The simulation of Eora, while high-definition, is truthfully not much more advanced than what we saw in the isometric perspective, and in some cases, it’s even more limited. Most NPCs walking around can’t be interacted with, and most interactable NPCs have little to say. You can’t be a murder-hobo, and you can’t be a thief. It’s very hollow and simple, but I don’t necessarily think it’s a dealbreaker, it’s just the nature of the scope that the developers were shooting for. What certainly worked against this game was early rumors that it would be a Skyrim-killer, and early reviews and coverage espoused frustration that the world was not reactive in the way that people wanted. I don’t think Avowed expects you to spend hours wandering the streets of its cities, and it certainly doesn’t want you to push its sandbox to the limits. If you are okay with that, it’s perfectly acceptable, just don’t expect to get even Outer Worlds levels of reactivity. A great example of this is the bathhouse: in Pillars II, the Bathhouse is a bustling environment, there are some rooms you can loot, and people to talk to. In Avowed, the bathhouse houses maybe six NPCs, all of whom have nothing to say after you’ve completed a single quest for the owner.

Companions

The companions in the previous Pillars of Eternity entries have been memorable, and I might even go as far as to classify some of those characters as legendary. Sure, there were heartthrobs like Edér, but there were also complicated characters like Durance, who is presented as a hateful maniac and even his own god has abandoned him. The companions existed all over the spectrum, and I found my experience with most of them to be memorable and distinct. Especially when we compare Pillars to the old Baldur’s Gate, the companions shine were deep and well explored. All of these flawed individuals share their perspectives along your journey, and the internal and external conflict they bring with them paints a lot of context onto the setting, and it may even help you find your own moral compass amidst the chaos in Eora.
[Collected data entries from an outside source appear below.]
-- ===== src/Citadel/Host/Examples.antt =====
-- A client on the driver, on a system for tests whose clock cannot be read.
use platform_external_nos_ho.Base.{◌≡◌, refl, arith, [], ℤ, pos, none, some, true}
use mathlib.Core.Option
use platform_external_nos_ho.Application.AppStatus.{app_error_io}
use platform_external_nos_ho.Citadel.Control.{nos_device_open}
use platform_external_nos_ho.Device.{Platform}
use platform_external_nos_ho.Citadel.System.{Driver, Mutex, in_buf_mutex, out_buf_mutex}
use platform_external_nos_ho.Citadel.Examples.{Linux, linux, driver, three, linux_files}
use platform_external_nos_ho.Citadel.Host.{citadel_host, HasCalls, citadel_host-IsHost}
use platform_external_nos_ho.Client.Host.{Host, IsHost}
use platform_external_nos_ho.Client.Nugget.{
  NuggetClient, nugget_client, open_client, close_client, call_app, reset_client,
}
use platform_external_nos_ho.Client.Nugget.Lifetime.{
  here, next, opening, calling, resetting, no_descriptor_lost,
}

clockless : Platform Linux
clockless = record {
  eagain = 11;
  etimedout = 110;
  usleep = λ us w. w;
  clock_gettime = λ w. (none, w);
  uninitialised = λ n. [];
}

lock_leaves : (m : Mutex) (w : Linux) (x : ℤ) → three (linux.mutex_lock m w).1 x ≡ three w x
unfolding linux
lock_leaves in_buf_mutex w x = ground arith
lock_leaves out_buf_mutex w x = ground arith

unlock_leaves : (m : Mutex) (w : Linux) (x : ℤ) → three (linux.mutex_unlock m w).1 x ≡ three w x
unfolding linux
unlock_leaves in_buf_mutex w x = refl
unlock_leaves out_buf_mutex w x = refl

linux_calls : HasCalls linux clockless linux_files
unfolding linux linux_files clockless
linux_calls = record {
  lock_keeps = lock_leaves;
  unlock_keeps = unlock_leaves;
  datagram_keeps = λ fd command len b w x. refl;
  ioctl_reset_keeps = λ fd w x. refl;
  poll_keeps = λ fd msecs w x. refl;
  usleep_keeps = λ us w x. refl;
  clock_keeps = λ w x. refl;
}

abbrev host : Host (Driver Linux)
host = citadel_host linux clockless

abbrev fresh : NuggetClient (Driver Linux)
fresh = nugget_client none 0

abbrev after_open : NuggetClient (Driver Linux) × Driver Linux
after_open = open_client host fresh (driver true)

-- What a call leaves of the driver; the chip's answers are no status message, so it fails.
abbrev after_call : Driver Linux
after_call =
    Option.get_or (Option.map (λ r. r.1) (call_app host 1 after_open.0 0x12 8 [] none after_open.1))
      after_open.1

called :
    call_app host 1 after_open.0 0x12 8 [] none after_open.1
    ≡ some ((app_error_io, none), after_call)
unfolding call_app nugget_client open_client citadel_host linux clockless nos_device_open
called = refl

abbrev laws : IsHost host
laws = citadel_host-IsHost linux clockless linux_files linux_calls

no_descriptor_lost_example :
    laws.is_open
      (close_client host after_open.0 (reset_client host after_open.0 after_call).1).1
      (pos 3)
    ≡ laws.is_open (driver true) (pos 3)
no_descriptor_lost_example =
    no_descriptor_lost host laws none 0 (driver true) (reset_client host after_open.0 after_call).1
      after_open.0 (pos 3)
      (next
        (next (next here (opening fresh (driver true))) (
          calling after_open.0 after_open.1 after_call 1 0x12 8 [] none (app_error_io, none)
            called))
        (resetting after_open.0 after_call))
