-- ===== src/Citadel/Threads/Alone.antt =====
-- The steps of a thread that nobody interrupts are the transaction of citadel.c.
use platform_external_nos_ho.Base.{
  ℕ, zero, suc, ℤ, List, Bool-cases, inl, inr, is_neg, is_nonzero, Option, none, some, length, ◌≡◌,
  arith,
}
use platform_external_nos_ho.Citadel.System.{in_buf_mutex, out_buf_mutex, System, Driver}
use platform_external_nos_ho.Citadel.Datagram.{read_transaction, write_transaction}
use platform_external_nos_ho.Citadel.Threads.{
  Job, reading, writing, buf_of, Place, outside, refused, locked, loaded, answered, leaving,
  finished, lock_step, fetch_step, send_step, unlock_step, move,
}

-- Up to so many steps of one thread.
unfoldable pub alone : {W : Type 0} → System W → ℕ → Job → Place → Driver W → Place × Driver W
alone system zero job p d = (p, d)
alone system (suc n) job p d = elim (move system job p d) [
  | none ↦ (p, d)
  | some (p', d') ↦ alone system n job p' d'
]

-- What the thread's caller gets: the result and the buffer, if the thread is at its end.
abbrev pub outcome : {W : Type 0} → Job → Place × Driver W → Option ((ℤ × List ℕ) × Driver W)
outcome job (refused ret, d) = some ((ret, buf_of job), d)
outcome job (finished own ret bytes, d) = some ((ret, bytes), d)
outcome job (outside, d) = none
outcome job (locked, d) = none
outcome job (loaded, d) = none
outcome job (answered own ret, d) = none
outcome job (leaving own ret bytes, d) = none

-- What the transactions do, with the caller's buffer.
abbrev pub transaction : {W : Type 0} → System W → Job → Driver W → (ℤ × List ℕ) × Driver W
transaction system (reading fd command buf) d =
    read_transaction system fd command buf (length buf) d
transaction system (writing fd command buf) d =
    let (ret, d') = write_transaction system fd command buf (length buf) d in ((ret, buf), d')

module _ {W : Type 0} (system : System W) where
  -- A thread that nobody interrupts is at its end after five steps, with the result, the caller's
  -- buffer and the driver as `read_transaction` and `write_transaction` leave them.
  pub alone-transaction :
      (job : Job) (d : Driver W)
      → outcome job (alone system 5 job outside d) ≡ some (transaction system job d)
  unfolding alone move lock_step fetch_step send_step unlock_step read_transaction write_transaction
  alone-transaction (reading fd command buf) d =
      let (locks, w₁) = system.mutex_lock in_buf_mutex d.world in
      let ((ret, filled), w₂) = system.ioctl_datagram fd command (length buf) d.in_buf w₁ in
      elim (Bool-cases (is_nonzero locks)) [
        | inl bad ↦ ground (arith, bad)
        | inr good ↦ elim (Bool-cases (is_neg ret)) [
          | inl fails ↦ ground (arith, good, fails)
          | inr works ↦ ground (arith, good, works)
        ]
      ]
  alone-transaction (writing fd command buf) d =
      let (locks, w₁) = system.mutex_lock out_buf_mutex d.world in
      elim (Bool-cases (is_nonzero locks)) [
        | inl bad ↦ ground (arith, bad)
        | inr good ↦ ground (arith, good)
      ]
Unfortunately, I cannot say the same about Avowed. There are a total of four companions in the game and I would argue only two of them are worth talking about. The small cast is acceptable given that only two companions can follow you during gameplay, but unfortunately the lack of quantity did not create quality. Companions can only be talked to at your camp, and they will very rarely have anything to say in dialogues in the main game world. They can level up, and they do have special combat abilities, but the combat plays more or less the same with or without them. And finally, they each get their own questline, but the quality is rather varied. It’s hit or miss all the way down, and I would argue that it ultimately averages out around mediocre. Unlike its predecessors, there is almost no conflict between the companions and your goals, and it didn’t seem like they were written to clash in any interesting way. The lack of tension becomes palpable by the end of the game, and it makes everyone feel like the Envoy’s sycophants.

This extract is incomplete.